It’s like my Jetta read yesterday’s post.

Yesterday I blogged about the day–coming very soon–when I would no longer need a car.  Having spent most of the Memorial Day weekend under the hood of an old Jeep Wrangler we were trying to sell, I was frustrated.  I probably said things I shouldn’t have.  Exhibit A: “As much as this sucks, I can’t help thinking about the bright side: the day, very soon, when I will no longer own a vehicle of any kind.”

I was referring to our impending move to Central America–most likely Honduras–and the fact that we won’t be owning a car down there.  My piece-of-shit Jetta appears to have taken it personally.

Today I was driving to work, then suddenly I wasn’t.  Instead, I was coasting.  No backfire, no lurch, not so much as a click or grind.  It was as if the piece-of-shit Jetta merely turned itself off with just enough momentum to coast safely into an approaching farm yard.  This, as the car surely knew, was a road with absolutely no shoulder, so timing mattered.

It apparently also knew there was no particular cell coverage in the area, so calling Diana to come rescue my late-for-work ass was not really an option.  Unless of course, the farmer’s family was home.  NOTE: This post is not a ‘farmer’s daughter” joke in disguise.  It really happened, just this morning.

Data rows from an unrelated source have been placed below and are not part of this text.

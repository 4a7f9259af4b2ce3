-- ===== src/Parser.antt =====
-- parser.h and the types of parser.c: the state of the syntax parser.
pub mod Stack
pub mod Handlers
pub mod Api
pub mod Automaton
pub mod Invariant
pub mod Moves
pub mod Follows
pub mod Values
pub mod Bignum
pub mod EmptyArray
pub mod Debug
pub mod Json
pub mod Safety
use embedjson.Base.{ℕ, List, if◌then◌else◌}
use embedjson.Client.{Event, Client}
use embedjson.Common.{ErrorCode, Position, Outcome, ret}

-- `embedjson_parser_state`
pub data ParserState : Type 0 where
  expect_value maybe_object_key expect_object_key expect_colon : ParserState
  maybe_object_comma expect_object_value maybe_array_value expect_array_value : ParserState
  maybe_array_comma done invalid : ParserState

-- `embedjson_parser_stack_value`
pub data Bracket : Type 0 where
  curly square : Bracket

-- `embedjson_parser` without its lexer, which only lexer.c touches. `user` is all that the
-- callbacks can reach: `userdata` and the user's globals. `stack_capacity` is used by the dynamic
-- stack only.
pub record Parser (U : Type 0) : Type 0 where
  pub state : ParserState
  pub stack_size : ℕ
  pub stack : List ℕ
  pub stack_capacity : ℕ
  pub user : U

-- Calls of the user's functions: the parser changes in `user` only.
module _ {U D : Type 0} (client : Client U D) where
  abbrev pub call : Event D → Parser U → Outcome (Parser U)
  call e p = let (code, u) = client.event e p.user in ret code (record p { user = u })

  abbrev pub error : ErrorCode → Position → Parser U → Outcome (Parser U)
  error code position p =
      let (status, u) = client.error_ex code position p.user in ret status (record p { user = u })
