-- ===== src/Parser/Stack.antt =====
-- The stack of open brackets of parser.c, one bit each.
pub mod Bits
pub mod Refine
pub mod Laws
pub mod Push
use embedjson.Base.{
  ℕ, ◌+◌, ◌-◌, ◌*◌, ◌/◌, ◌%◌, bit_and, bit_or, Bool, List, [], ◌∷◌, Option, none, some, get_elem?,
  get_or, set, ◌==◌, if◌then◌else◌,
}
use embedjson.Client.{Client}
use embedjson.Common.{Outcome, ret, fault, stack_overflow, null_position, ◌>>=◌}
use embedjson.Config.{Config, size_mod}
use embedjson.Parser.{Parser, Bracket, curly, square, error}

abbrev pub embedjson_zero : List ℕ
embedjson_zero = 0xFE ∷ 0xFD ∷ 0xFB ∷ 0xF7 ∷ 0xEF ∷ 0xDF ∷ 0xBF ∷ 0x7F ∷ []

abbrev pub embedjson_one : List ℕ
embedjson_one = 0x01 ∷ 0x02 ∷ 0x04 ∷ 0x08 ∷ 0x10 ∷ 0x20 ∷ 0x40 ∷ 0x80 ∷ []

-- The byte with bit `nbit` written for a bracket.
unfoldable pub write_bit : Bracket → ℕ → ℕ → ℕ
write_bit square b nbit = bit_or b (get_or embedjson_one nbit 0)
write_bit curly b nbit = bit_and b (get_or embedjson_zero nbit 0)

-- `!!(b & embedjson_one[nbit])`
unfoldable pub read_bit : ℕ → ℕ → Bracket
read_bit b nbit = if bit_and b (get_or embedjson_one nbit 0) == 0 then curly else square

-- Bit `top` of the stack; `none` is a read out of bounds.
abbrev pub bracket_read : List ℕ → ℕ → Option Bracket
bracket_read stack top = elim (get_elem? stack (top / 8)) [
  | none ↦ none
  | some b ↦ some (read_bit b (top % 8))
]

module _ {U : Type 0} where
  unfoldable pub stack_empty : Parser U → Bool
  stack_empty p = p.stack_size == 0

  -- `stack_size--`, which wraps
  unfoldable pub stack_pop : Parser U → Parser U
  stack_pop p = record p { stack_size = (p.stack_size + size_mod - 1) % size_mod }

  unfoldable pub stack_top : Parser U → Option Bracket
  stack_top p = bracket_read p.stack ((p.stack_size + size_mod - 1) % size_mod)

  -- The end of `stack_push`, behind its test for room.
  unfoldable pub stack_write : Bracket → Parser U → Outcome (Parser U)
  stack_write value p = elim (get_elem? p.stack (p.stack_size / 8)) [
    | none ↦ fault
    | some b ↦ ret 0 (record p {
      stack = set p.stack (p.stack_size / 8) (write_bit value b (p.stack_size % 8));
      stack_size = (p.stack_size + 1) % size_mod;
    })
  ]

module _ {U : Type 0} (cfg : Config) where
  -- EMBEDJSON_STACK_CAPACITY
  abbrev pub capacity : Parser U → ℕ
  capacity p = if cfg.dynamic_stack then p.stack_capacity else cfg.static_stack_size

  -- `max_size` is an `unsigned char`.
  unfoldable pub stack_full : Parser U → Bool
  stack_full p = p.stack_size == (8 * 1 * capacity p) % 256

module _ {U D : Type 0} (cfg : Config) (client : Client U D) where
  -- `embedjson_stack_overflow`, which replaces the stack
  abbrev pub grow : Parser U → Outcome (Parser U)
  grow p =
      let (code, stack, cap, u) =
        client.stack_overflow p.stack p.stack_size p.stack_capacity p.user in
      ret code (record p { stack = stack; stack_capacity = cap; user = u })

  unfoldable pub stack_push : Bracket → Parser U → Outcome (Parser U)
  stack_push value p =
      if stack_full cfg p
      then if cfg.dynamic_stack
        then grow p >>= stack_write value
        else error client stack_overflow null_position p
      else stack_write value p
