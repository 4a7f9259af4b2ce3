-- ===== src/Parser/Handlers.antt =====
-- `embedjson_token` of parser.c, one function for each `case` on the parser's state. Its other
-- handlers stand in the children.
pub mod Scalars
pub mod Strings
use embedjson.Base.{Bool, true, false, none, some, if◌then◌else◌}
use embedjson.Client.{Event, null, bool, object_begin, object_end, array_begin, array_end, Client}
use embedjson.Common
use embedjson.Common.{ErrorCode, Position, Outcome, ret, fault, ◌>>=◌}
use embedjson.Config.{Config}
use embedjson.Lexer.{
  Token, open_curly_bracket, close_curly_bracket, open_bracket, close_bracket, comma, colon,
  true_token, false_token, null_token,
}
use embedjson.Parser.{
  ParserState, expect_value, maybe_object_key, expect_object_key, expect_colon, maybe_object_comma,
  expect_object_value, maybe_array_value, expect_array_value, maybe_array_comma, done, invalid,
  Bracket, curly, square, Parser, call, error,
}
use embedjson.Parser.Stack.{stack_empty, stack_top, stack_pop, stack_push}

abbrev pub is_curly : Bracket → Bool
is_curly curly = true
is_curly square = false

abbrev pub same_bracket : Bracket → Bracket → Bool
same_bracket curly b = is_curly b
same_bracket square b = if is_curly b then false else true

module _ {U : Type 0} where
  -- `parser->state = state`, and `return 0` behind the `switch`
  abbrev pub enter : ParserState → Parser U → Outcome (Parser U)
  enter state p = ret 0 (record p { state = state })

  -- `stack_pop`, then the state after a closing bracket, by what is now on top.
  unfoldable pub closed : ParserState → ParserState → Parser U → Outcome (Parser U)
  closed in_object in_array p =
      let q = stack_pop p in
      if stack_empty q then enter done q else elim (stack_top q) [
        | none ↦ fault
        | some curly ↦ enter in_object q
        | some square ↦ enter in_array q
      ]

module _ {U D : Type 0} (cfg : Config) (client : Client U D) where
  -- The self-check at a closing bracket under EMBEDJSON_DEBUG, with what follows it.
  unfoldable pub check_top : Bracket → Position → Parser U → Outcome (Parser U) → Outcome (Parser U)
  check_top b position p rest =
      if cfg.debug
      then if stack_empty p
        then error client Common.internal_error position p
        else elim (stack_top p) [
          | none ↦ fault
          | some t ↦
              if same_bracket b t then rest else error client Common.internal_error position p
        ]
      else rest

  -- The `case`s of an opening bracket.
  unfoldable pub open_object : Parser U → Outcome (Parser U)
  open_object p = do
    p' ← stack_push cfg client curly p
    p' ← call client object_begin p'
    enter maybe_object_key p'

  unfoldable pub open_array : Parser U → Outcome (Parser U)
  open_array p = do
    p' ← stack_push cfg client square p
    p' ← call client array_begin p'
    enter maybe_array_value p'

  -- `}` in MAYBE_OBJECT_KEY and MAYBE_OBJECT_COMMA
  unfoldable pub close_object : Position → Parser U → Outcome (Parser U)
  close_object position p =
      check_top curly position p
        (do p' ← call client object_end p; closed maybe_object_comma maybe_array_comma p')

  -- `]`; the argument is the state taken inside an object, in which the two `case`s differ.
  unfoldable pub close_array : ParserState → Position → Parser U → Outcome (Parser U)
  close_array in_object position p =
      check_top square position p
        (do p' ← call client array_end p; closed in_object maybe_array_comma p')

  -- `true`, `false` and `null`
  abbrev pub primitive : Event D → ParserState → Parser U → Outcome (Parser U)
  primitive e next p = do p' ← call client e p; enter next p'

  unfoldable pub token_expect_value : Token → Position → Parser U → Outcome (Parser U)
  token_expect_value open_curly_bracket position p = open_object p
  token_expect_value close_curly_bracket position p =
      error client Common.unexp_close_curly position p
  token_expect_value open_bracket position p = open_array p
  token_expect_value close_bracket position p = error client Common.unexp_close_bracket position p
  token_expect_value comma position p = error client Common.unexp_comma position p
  token_expect_value colon position p = error client Common.unexp_colon position p
  token_expect_value true_token position p = primitive (bool true) done p
  token_expect_value false_token position p = primitive (bool false) done p
  token_expect_value null_token position p = primitive null done p

  unfoldable pub token_maybe_object_key : Token → Position → Parser U → Outcome (Parser U)
  token_maybe_object_key close_curly_bracket position p = close_object position p
  token_maybe_object_key _ position p = error client Common.exp_object_key position p

  unfoldable pub token_expect_colon : Token → Position → Parser U → Outcome (Parser U)
  token_expect_colon colon position p = enter expect_object_value p
  token_expect_colon _ position p = error client Common.exp_colon position p

  unfoldable pub token_maybe_object_comma : Token → Position → Parser U → Outcome (Parser U)
  token_maybe_object_comma comma position p = enter expect_object_key p
  token_maybe_object_comma close_curly_bracket position p = close_object position p
  token_maybe_object_comma _ position p = error client Common.exp_comma_or_close_curly position p

  unfoldable pub token_expect_object_value : Token → Position → Parser U → Outcome (Parser U)
  token_expect_object_value open_curly_bracket position p = open_object p
  token_expect_object_value close_curly_bracket position p =
      error client Common.unexp_close_curly position p
  token_expect_object_value open_bracket position p = open_array p
  token_expect_object_value close_bracket position p =
      error client Common.unexp_close_bracket position p
  token_expect_object_value comma position p = error client Common.unexp_comma position p
  token_expect_object_value colon position p = error client Common.unexp_colon position p
  token_expect_object_value true_token position p = primitive (bool true) maybe_object_comma p
  token_expect_object_value false_token position p = primitive (bool false) maybe_object_comma p
  token_expect_object_value null_token position p = primitive null maybe_object_comma p

  -- `[` leaves the state as it is, which is MAYBE_ARRAY_VALUE already. `]` enters
  -- MAYBE_OBJECT_KEY where the array is the value of an object's key.
  unfoldable pub token_maybe_array_value : Token → Position → Parser U → Outcome (Parser U)
  token_maybe_array_value open_curly_bracket position p = open_object p
  token_maybe_array_value close_curly_bracket position p =
      error client Common.unexp_close_curly position p
  token_maybe_array_value open_bracket position p = do
    p' ← stack_push cfg client square p
    call client array_begin p'
  token_maybe_array_value close_bracket position p = close_array maybe_object_key position p
  token_maybe_array_value comma position p = error client Common.unexp_comma position p
  token_maybe_array_value colon position p = error client Common.unexp_colon position p
  token_maybe_array_value true_token position p = primitive (bool true) maybe_array_comma p
  token_maybe_array_value false_token position p = primitive (bool false) maybe_array_comma p
  token_maybe_array_value null_token position p = primitive null maybe_array_comma p

  unfoldable pub token_expect_array_value : Token → Position → Parser U → Outcome (Parser U)
  token_expect_array_value open_curly_bracket position p = open_object p
  token_expect_array_value close_curly_bracket position p =
      error client Common.unexp_close_curly position p
  token_expect_array_value open_bracket position p = open_array p
  token_expect_array_value close_bracket position p =
      error client Common.unexp_close_bracket position p
  token_expect_array_value comma position p = error client Common.unexp_comma position p
  token_expect_array_value colon position p = error client Common.unexp_colon position p
  token_expect_array_value true_token position p = primitive (bool true) maybe_array_comma p
  token_expect_array_value false_token position p = primitive (bool false) maybe_array_comma p
  token_expect_array_value null_token position p = primitive null maybe_array_comma p

  unfoldable pub token_maybe_array_comma : Token → Position → Parser U → Outcome (Parser U)
  token_maybe_array_comma comma position p = enter expect_array_value p
  token_maybe_array_comma close_bracket position p = close_array maybe_object_comma position p
  token_maybe_array_comma _ position p = error client Common.exp_comma_or_close_bracket position p

  -- The last `case`, `PARSER_STATE_INVALID`, is compiled in under EMBEDJSON_DEBUG only.
  unfoldable pub report_invalid : Position → Parser U → Outcome (Parser U)
  report_invalid position p =
      if cfg.debug then error client Common.internal_error position p else ret 0 p

  unfoldable pub token_in : ParserState → Token → Position → Parser U → Outcome (Parser U)
  token_in expect_value t position p = token_expect_value t position p
  token_in maybe_object_key t position p = token_maybe_object_key t position p
  token_in expect_object_key t position p = error client Common.exp_object_key position p
  token_in expect_colon t position p = token_expect_colon t position p
  token_in maybe_object_comma t position p = token_maybe_object_comma t position p
  token_in expect_object_value t position p = token_expect_object_value t position p
  token_in maybe_array_value t position p = token_maybe_array_value t position p
  token_in expect_array_value t position p = token_expect_array_value t position p
  token_in maybe_array_comma t position p = token_maybe_array_comma t position p
  token_in done t position p = error client Common.excessive_input position p
  token_in invalid t position p = report_invalid position p

  -- `embedjson_token`
  abbrev pub token : Token → Position → Parser U → Outcome (Parser U)
  token t position p = token_in p.state t position p
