-- ===== src/Parser/Handlers/Scalars.antt =====
-- The handlers of parser.c for numbers: `embedjson_tokeni`, `embedjson_tokenf` and
-- `embedjson_tokenbn_begin`, `embedjson_tokenbn`, `embedjson_tokenbn_end`.
use embedjson.Base.{ℕ, List, Bool, Option, none, some, if◌then◌else◌}
use embedjson.Base.Ints.{ℤ}
use embedjson.Client.{int, double, bignum_begin, bignum_chunk, bignum_end, Client}
use embedjson.Common
use embedjson.Common.{ErrorCode, Position, null_position, Outcome, ret, fault}
use embedjson.Config.{Config}
use embedjson.Parser.{
  ParserState, expect_value, maybe_object_key, expect_object_key, expect_colon, maybe_object_comma,
  expect_object_value, maybe_array_value, expect_array_value, maybe_array_comma, done, invalid,
  Parser, call, error,
}
use embedjson.Parser.Handlers.{report_invalid}

abbrev pub is_invalid : ParserState → Bool
is_invalid invalid = Bool.true
is_invalid _ = Bool.false

module _ {U D : Type 0} (cfg : Config) (client : Client U D) where
  -- EMBEDJSON_CHECK_STATE, with what follows it
  unfoldable pub check_state : Position → Parser U → Outcome (Parser U) → Outcome (Parser U)
  check_state position p rest =
      if cfg.debug
      then if is_invalid p.state then error client Common.internal_error position p else rest
      else rest

  -- The `switch` of `embedjson_tokeni`. Here the state is changed before the callback, whatever
  -- that returns.
  unfoldable pub tokeni_in : ParserState → ℤ → Position → Parser U → Outcome (Parser U)
  tokeni_in expect_value v position p = call client (int v) (record p { state = done })
  tokeni_in maybe_object_key v position p =
      error client Common.exp_object_key_or_close_curly position p
  tokeni_in expect_object_key v position p = error client Common.exp_object_key position p
  tokeni_in expect_colon v position p = error client Common.exp_colon position p
  tokeni_in maybe_object_comma v position p =
      error client Common.exp_comma_or_close_bracket position p
  tokeni_in expect_object_value v position p =
      call client (int v) (record p { state = maybe_object_comma })
  tokeni_in maybe_array_value v position p =
      call client (int v) (record p { state = maybe_array_comma })
  tokeni_in expect_array_value v position p =
      call client (int v) (record p { state = maybe_array_comma })
  tokeni_in maybe_array_comma v position p = error client Common.exp_comma_or_close_curly position p
  tokeni_in done v position p = error client Common.excessive_input position p
  tokeni_in invalid v position p = report_invalid cfg client position p

  abbrev pub tokeni : ℤ → Position → Parser U → Outcome (Parser U)
  tokeni v position p = tokeni_in p.state v position p

  -- The `switch` of `embedjson_tokenf`.
  unfoldable pub tokenf_in : ParserState → D → Position → Parser U → Outcome (Parser U)
  tokenf_in expect_value v position p = call client (double v) (record p { state = done })
  tokenf_in maybe_object_key v position p =
      error client Common.exp_object_key_or_close_curly position p
  tokenf_in expect_object_key v position p = error client Common.exp_object_key position p
  tokenf_in expect_colon v position p = error client Common.exp_colon position p
  tokenf_in maybe_object_comma v position p =
      error client Common.exp_comma_or_close_bracket position p
  tokenf_in expect_object_value v position p =
      call client (double v) (record p { state = maybe_object_comma })
  tokenf_in maybe_array_value v position p =
      call client (double v) (record p { state = maybe_array_comma })
  tokenf_in expect_array_value v position p =
      call client (double v) (record p { state = maybe_array_comma })
  tokenf_in maybe_array_comma v position p = error client Common.exp_comma_or_close_curly position p
  tokenf_in done v position p = error client Common.excessive_input position p
  tokenf_in invalid v position p = report_invalid cfg client position p

  abbrev pub tokenf : D → Position → Parser U → Outcome (Parser U)
  tokenf v position p = tokenf_in p.state v position p

  -- The `switch` of `embedjson_tokenbn_begin`.
  unfoldable pub tokenbn_begin_in : ParserState → Position → ℤ → Parser U → Outcome (Parser U)
  tokenbn_begin_in expect_value position v p =
      call client (bignum_begin v) (record p { state = done })
  tokenbn_begin_in maybe_object_key position v p =
      error client Common.exp_object_key_or_close_curly position p
  tokenbn_begin_in expect_object_key position v p = error client Common.exp_object_key position p
  tokenbn_begin_in expect_colon position v p = error client Common.exp_colon position p
  tokenbn_begin_in maybe_object_comma position v p =
      error client Common.exp_comma_or_close_bracket position p
  tokenbn_begin_in expect_object_value position v p =
      call client (bignum_begin v) (record p { state = maybe_object_comma })
  tokenbn_begin_in maybe_array_value position v p =
      call client (bignum_begin v) (record p { state = maybe_array_comma })
  tokenbn_begin_in expect_array_value position v p =
      call client (bignum_begin v) (record p { state = maybe_array_comma })
  tokenbn_begin_in maybe_array_comma position v p =
      error client Common.exp_comma_or_close_curly position p
  tokenbn_begin_in done position v p = error client Common.excessive_input position p
  tokenbn_begin_in invalid position v p = report_invalid cfg client position p

  abbrev pub tokenbn_begin : Position → ℤ → Parser U → Outcome (Parser U)
  tokenbn_begin position v p = tokenbn_begin_in p.state position v p

  -- `embedjson_tokenbn`; the position of its self-check is the chunk.
  unfoldable pub tokenbn : Position → List ℕ → Parser U → Outcome (Parser U)
  tokenbn position chunk p = check_state position p (call client (bignum_chunk chunk) p)

  -- `next_state` of `embedjson_tokenbn_end`; INVALID is an index out of bounds.
  abbrev pub next_after_bignum : ParserState → Option ParserState
  next_after_bignum expect_value = some done
  next_after_bignum maybe_object_key = some invalid
  next_after_bignum expect_object_key = some invalid
  next_after_bignum expect_colon = some invalid
  next_after_bignum maybe_object_comma = some invalid
  next_after_bignum expect_object_value = some maybe_object_comma
  next_after_bignum maybe_array_value = some maybe_array_comma
  next_after_bignum expect_array_value = some maybe_array_comma
  next_after_bignum maybe_array_comma = some invalid
  next_after_bignum done = some invalid
  next_after_bignum invalid = none

  -- `embedjson_tokenbn_end`
  unfoldable pub tokenbn_end : Position → Parser U → Outcome (Parser U)
  tokenbn_end position p = check_state position p (elim (next_after_bignum p.state) [
    | none ↦ fault
    | some next ↦
        let q = record p { state = next } in check_state position q (call client bignum_end q)
  ])
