-- ===== src/Parser/Handlers/Strings.antt =====
-- The handlers of parser.c for strings: `embedjson_tokenc`, `embedjson_tokenc_begin` and
-- `embedjson_tokenc_end`.
use embedjson.Base.{ℕ, List, Option, none, some}
use embedjson.Client.{string_begin, string_chunk, string_end, Client}
use embedjson.Common
use embedjson.Common.{Position, Outcome, fault}
use embedjson.Config.{Config}
use embedjson.Parser.{
  ParserState, expect_value, maybe_object_key, expect_object_key, expect_colon, maybe_object_comma,
  expect_object_value, maybe_array_value, expect_array_value, maybe_array_comma, done, invalid,
  Parser, call, error,
}
use embedjson.Parser.Handlers.{report_invalid}
use embedjson.Parser.Handlers.Scalars.{check_state}

-- `next_state` of `embedjson_tokenc_end`; INVALID is an index out of bounds.
abbrev pub next_after_string : ParserState → Option ParserState
next_after_string expect_value = some done
next_after_string maybe_object_key = some expect_colon
next_after_string expect_object_key = some expect_colon
next_after_string expect_colon = some invalid
next_after_string maybe_object_comma = some invalid
next_after_string expect_object_value = some maybe_object_comma
next_after_string maybe_array_value = some maybe_array_comma
next_after_string expect_array_value = some maybe_array_comma
next_after_string maybe_array_comma = some invalid
next_after_string done = some invalid
next_after_string invalid = none

module _ {U D : Type 0} (cfg : Config) (client : Client U D) where
  -- `embedjson_tokenc`; the position of its self-check is the chunk.
  unfoldable pub tokenc : Position → List ℕ → Parser U → Outcome (Parser U)
  tokenc position chunk p = check_state cfg client position p (call client (string_chunk chunk) p)

  -- The `switch` of `embedjson_tokenc_begin`.
  unfoldable pub tokenc_begin_in : ParserState → Position → Parser U → Outcome (Parser U)
  tokenc_begin_in expect_value position p = call client string_begin p
  tokenc_begin_in maybe_object_key position p = call client string_begin p
  tokenc_begin_in expect_object_key position p = call client string_begin p
  tokenc_begin_in expect_colon position p = error client Common.exp_colon position p
  tokenc_begin_in maybe_object_comma position p =
      error client Common.exp_comma_or_close_curly position p
  tokenc_begin_in expect_object_value position p = call client string_begin p
  tokenc_begin_in maybe_array_value position p = call client string_begin p
  tokenc_begin_in expect_array_value position p = call client string_begin p
  tokenc_begin_in maybe_array_comma position p =
      error client Common.exp_comma_or_close_bracket position p
  tokenc_begin_in done position p = error client Common.excessive_input position p
  tokenc_begin_in invalid position p = report_invalid cfg client position p

  abbrev pub tokenc_begin : Position → Parser U → Outcome (Parser U)
  tokenc_begin position p = tokenc_begin_in p.state position p

  -- `embedjson_tokenc_end`
  unfoldable pub tokenc_end : Position → Parser U → Outcome (Parser U)
  tokenc_end position p = check_state cfg client position p (elim (next_after_string p.state) [
    | none ↦ fault
    | some next ↦
        let q = record p { state = next } in
        check_state cfg client position q (call client string_end q)
  ])
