-- ===== src/Parser/Api.antt =====
-- The functions of parser.c that the user calls, `embedjson_push` and `embedjson_finalize`, with
-- the parser's handlers as the lexer's sink.
use embedjson.Base.{ℕ, Bool, true, false, not, ◌&&◌, List, Option, some, if◌then◌else◌}
use embedjson.Client.{Client}
use embedjson.Common
use embedjson.Common.{at, null_position, Outcome, ret, fault, ◌>>=◌}
use embedjson.Config.{Config}
use embedjson.Lexer.Double.{Doubles}
use embedjson.Lexer.Push
use embedjson.Lexer.{Lexer, Sink}
use embedjson.Parser.Handlers.Scalars.{tokeni, tokenf, tokenbn_begin, tokenbn, tokenbn_end}
use embedjson.Parser.Handlers.Strings.{tokenc, tokenc_begin, tokenc_end}
use embedjson.Parser.Handlers.{token}
use embedjson.Parser.{ParserState, expect_value, done, Parser, error}

abbrev pub is_done : ParserState → Bool
is_done done = true
is_done _ = false

-- A parser after `memset(&parser, 0, sizeof(parser))`, on the given stack.
abbrev pub initial_parser : {U : Type 0} → List ℕ → ℕ → U → Parser U
initial_parser stack cap user = record {
  state = expect_value;
  stack_size = 0;
  stack = stack;
  stack_capacity = cap;
  user = user;
}

module _ {U D : Type 0} (cfg : Config) (fl : Doubles D) (client : Client U D) where
  abbrev pub parser_sink : Sink (Parser U) D
  parser_sink = record {
    token = token cfg client;
    tokenc = tokenc cfg client;
    tokeni = tokeni cfg client;
    tokenf = tokenf cfg client;
    tokenc_begin = tokenc_begin cfg client;
    tokenc_end = tokenc_end cfg client;
    tokenbn_begin = tokenbn_begin cfg client;
    tokenbn = tokenbn cfg client;
    tokenbn_end = tokenbn_end cfg client;
    error_ex = error client;
  }

  -- The lexer beside the rest of the parser, after an error of the parser alone.
  abbrev beside : Lexer → Outcome (Parser U) → Outcome (Lexer × Parser U)
  beside lex (ret code p) = ret code (lex, p)
  beside lex fault = fault

  -- `embedjson_push`, with the self-check of EMBEDJSON_DEBUG
  unfoldable pub push : Lexer → Parser U → List ℕ → Option (Outcome (Lexer × Parser U))
  push lex p buf =
      if cfg.debug && not cfg.int_signed
      then some (beside lex (error client Common.internal_error (at 0) p))
      else Push.push cfg fl parser_sink lex p buf

  -- `embedjson_finalize`
  unfoldable pub finalize : Lexer → Parser U → Outcome (Parser U)
  finalize lex p = Push.finalize cfg fl parser_sink lex p >>= λ p'.
      if is_done p'.state then ret 0 p' else error client Common.insufficient_input null_position p'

To make matters worse, the farm dog appeared to be a recent descendent of the wolf breed.  Not barking, but keenly aware of my arrival.

All of this, along with the fact that I had a full day of meetings, including a new business presentation, on my schedule conspired to fill me with a profound sense of…calm.  I’m still not joking.  For the life of me, I couldn’t figure out how to give a flying fuck.  The Jetta had spoken, the cell phone hadn’t, and wolfy was going to do what wolfy was going to do.

I stepped out of the piece of shit, extended my Iphone to the AT&T Gods, and received a blip.  Not really a bar, mind you, but that first little baby mark in the lineup; the one that’s no longer than it is wide and therefore cannot seriously be called a ‘bar.’  Still, I accepted this zygote with surprising optimism and punched out a quick text to Diana. The ‘sending’ bar was slow to fill, but I heard the all-important swoosh of modern-day communication just a split second before my reception nub hitched a ride out of there.

Ten minutes later, a second vagabond blip brought Diana’s reply: “Be right there.”

There’s nothing like finally yielding the illusion of control to a world that was never really playing along anyway.  I ended up making my meetings and selling my campaign with a little help from my Dad’s piece-of-shit Toyota pickup.

Also, the wolf didn’t eat me.  Turns out he just needed a scratch behind the ears.